# JavaApplets und PHP



## kollaps (7. Dez 2004)

Hallo...

ist es möglich JavaApplets mit PHP zu verbinden?

Ich möchte gerne Dateien auf einen Server schreiben, lesen und verändern können.

Kann mir vielleicht einer ein Beispiel geben?


----------



## Icewind (7. Dez 2004)

naja es geht schon ein applet und php zu verbinden, in php gibts sockets und in deinem applet machst du en server socket auf...


----------



## kollaps (7. Dez 2004)

Jo danke... hätt ich vielleicht auch selbst drauf kommen können. Gibts nicht noch ne andere Möglichkeit das zu regeln?


----------



## Icewind (7. Dez 2004)

hm naja wüsste nicht wie, ausser du willst jsp und servlets einsetzten aber dann muss dein server java unterstützen....


----------



## Guest (7. Dez 2004)

Du kannst aus dem Applet heraus einfach eine HTTP-Verbindung
zu dem PHP Script aufbauen. "text/html" ist nicht alles, was man
in einem PHP-Script ausgeben kann.
Damit dies aber funktioniert, muss das Applet signiert sein und die
nötigen Rechte haben (wegen der paranoiden Sandbox).


----------



## Bleiglanz (7. Dez 2004)

du brauchst nix signieren, wenn du dir einfach per HTTP GET Request eine Seite abholst, solange die im gleichen Ordner wie das Applet selbst liegt

statt html erzeugst du eben mit PHP einfachen text, parameter übergibst du per URL usw., dann musst du halt im applet noch ein bisschen parsen


----------



## Guest (7. Dez 2004)

Vielleichr möchte sich das jemand mal anschauen
http://soip.dl.am/ da bitte dan auf deutsch und dann auf Steuerung.
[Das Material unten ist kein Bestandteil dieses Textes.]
-- ===== src/Tests/Wire.antt =====
-- Runs of the theorems about the packets and the broadcast.
use mathlib.Core.List.{Mem}
use ai_xr_project.Base.{
  ℕ, zero, suc, ◌≡◌, ◌↔◌, refl, ap, List, [], ◌∷◌, arith, length, All, ◌<◌, true, some,
}
use ai_xr_project.Session.{no_transform, SockAddr}
use ai_xr_project.Packets.{PacketHeader}
use ai_xr_project.Server.Fragments.{
  Entry, frags, frag_count, frag_packet, IsSendable, frags-IsSendable, frags_overflow,
}
use ai_xr_project.Packets.Entries.{IsEntry, IsTransform}
use ai_xr_project.Rudp.Outbound.{contains}
use ai_xr_project.Server.Reassembly.{reassemble, arrived, frags-reassembled}
use ai_xr_project.Server.Broadcast.{Peer, entries_for, IsShown, mem-entries_for}

abbrev header : PacketHeader
header = record {
  magic_0 = 0x41;
  magic_1 = 0x52;
  version = 1;
  type = 5;
  body_len = 12;
  seq_num = 70000;
  ack_num = 3;
  flags = 1;
}

abbrev copies : ℕ → List Entry
copies zero = []
copies (suc n) = (suc n, no_transform) ∷ copies n

length-copies : (n : ℕ) → length (copies n) ≡ n
length-copies zero = refl
length-copies (suc n) = ap suc (length-copies n)

no_transform-IsTransform : IsTransform no_transform
no_transform-IsTransform = record {
  seq_word = omega arith;
  pos_x_word = omega arith;
  pos_y_word = omega arith;
  pos_z_word = omega arith;
  rot_x_word = omega arith;
  rot_y_word = omega arith;
  rot_z_word = omega arith;
  rot_w_word = omega arith;
  vel_x_word = omega arith;
  vel_y_word = omega arith;
  vel_z_word = omega arith;
  era_byte = omega arith;
  flags_byte = omega arith;
}

copies-fit : (n : ℕ) → n < 1000 → All IsEntry (copies n)
copies-fit zero h = tt
copies-fit (suc n) h = ((omega arith, no_transform-IsTransform), copies-fit n (omega arith))

-- All three packets of the tick, the last one first and the first one twice.
any_order : List ℕ
any_order = 2 ∷ 0 ∷ 1 ∷ 0 ∷ []

all_three : (j : ℕ) → j < frag_count (length (copies 60)) → contains j any_order ≡ true
unfolding frag_count any_order
all_three zero h = refl
all_three (suc zero) h = refl
all_three (suc (suc zero)) h = refl
all_three (suc (suc (suc j))) h = absurd (omega (arith, length-copies 60))

frags-reassembled_example : reassemble (arrived 5 1000 (copies 60) any_order) ≡ some (copies 60)
unfolding frag_count any_order
frags-reassembled_example =
    frags-reassembled 5 1000 (copies 60) any_order (omega (arith, length-copies 60))
      (copies-fit 60 (omega arith)) (omega arith, (omega arith, (omega arith, (omega arith, tt))))
      all_three

frags-IsSendable_example :
    All
      (λ f. IsSendable (frag_packet 3 1000 (frag_count (length (copies 60))) f))
      (frags (copies 60))
frags-IsSendable_example = frags-IsSendable 3 1000 (copies 60) (omega arith)

frags_overflow_example : frags (copies 7150) ≡ []
frags_overflow_example =
    frags_overflow (copies 7150) (omega (arith, length-copies 7150))
      (omega (arith, length-copies 7150))

abbrev place : SockAddr
place = record { s_addr = 0x0a00_0001; sin_port = 5000 }

abbrev me : Peer
me = record { user_id = 7; addr = place; ack = 0; t = no_transform }

abbrev other : Peer
other = record me { user_id = 8; t = record no_transform { seq = 4 } }

mem-entries_for_example :
    Mem (8, other.t) (entries_for me (me ∷ other ∷ [])) ↔ IsShown me (me ∷ other ∷ []) (8, other.t)
mem-entries_for_example = mem-entries_for me (me ∷ other ∷ []) (8, other.t)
Ist ein Projekt was wir
machen müssen für die Schule.
Will wenn ich einen neuen Controller anlege diesen in einer Art TextDatei basierten Datenbank
aufnehmen und dann in die Choice reinpacken.


----------



## Grizzly (7. Dez 2004)

Bleiglanz hat gesagt.:
			
		

> du brauchst nix signieren, wenn du dir einfach per HTTP GET Request eine Seite abholst, solange die im gleichen Ordner wie das Applet selbst liegt
> 
> statt html erzeugst du eben mit PHP einfachen text, parameter übergibst du per URL usw., dann musst du halt im applet noch ein bisschen parsen



Ja, so ähnlich würde ich das auch machen. Einfach einen Anfrage per HTTP an ein PHP Skript übergeben. Dieses gibt dann das Ergebnis als Antwort zurück.
Das mit dem signieren braucht man nur, wenn das Applet auf lokale Daten oder Daten von einem anderen Server/Domain zugreifen können muss. Ist in dem Fall aber nicht nötig.


----------



## kollapse (11. Dez 2004)

Versteh nicht ganz.

Was meint ihr? Die Methode get oder post kenn ich von PHP ja und weiter?
Ne get oder post Methode mit nem Applet?

Ah... meint ihr etwa wenn etwas in nem TextFeld drin stehen würde könnt ich das durf aufruf per "Parameter" ans PHP Script übergeben und mit dem Inhalt dann die Datei schreiben sowas in der Art?


----------



## Grizzly (12. Dez 2004)

kollapse hat gesagt.:
			
		

> [...]Ah... meint ihr etwa wenn etwas in nem TextFeld drin stehen würde könnt ich das durf aufruf per "Parameter" ans PHP Script übergeben und mit dem Inhalt dann die Datei schreiben sowas in der Art?


Jepp, genau.


----------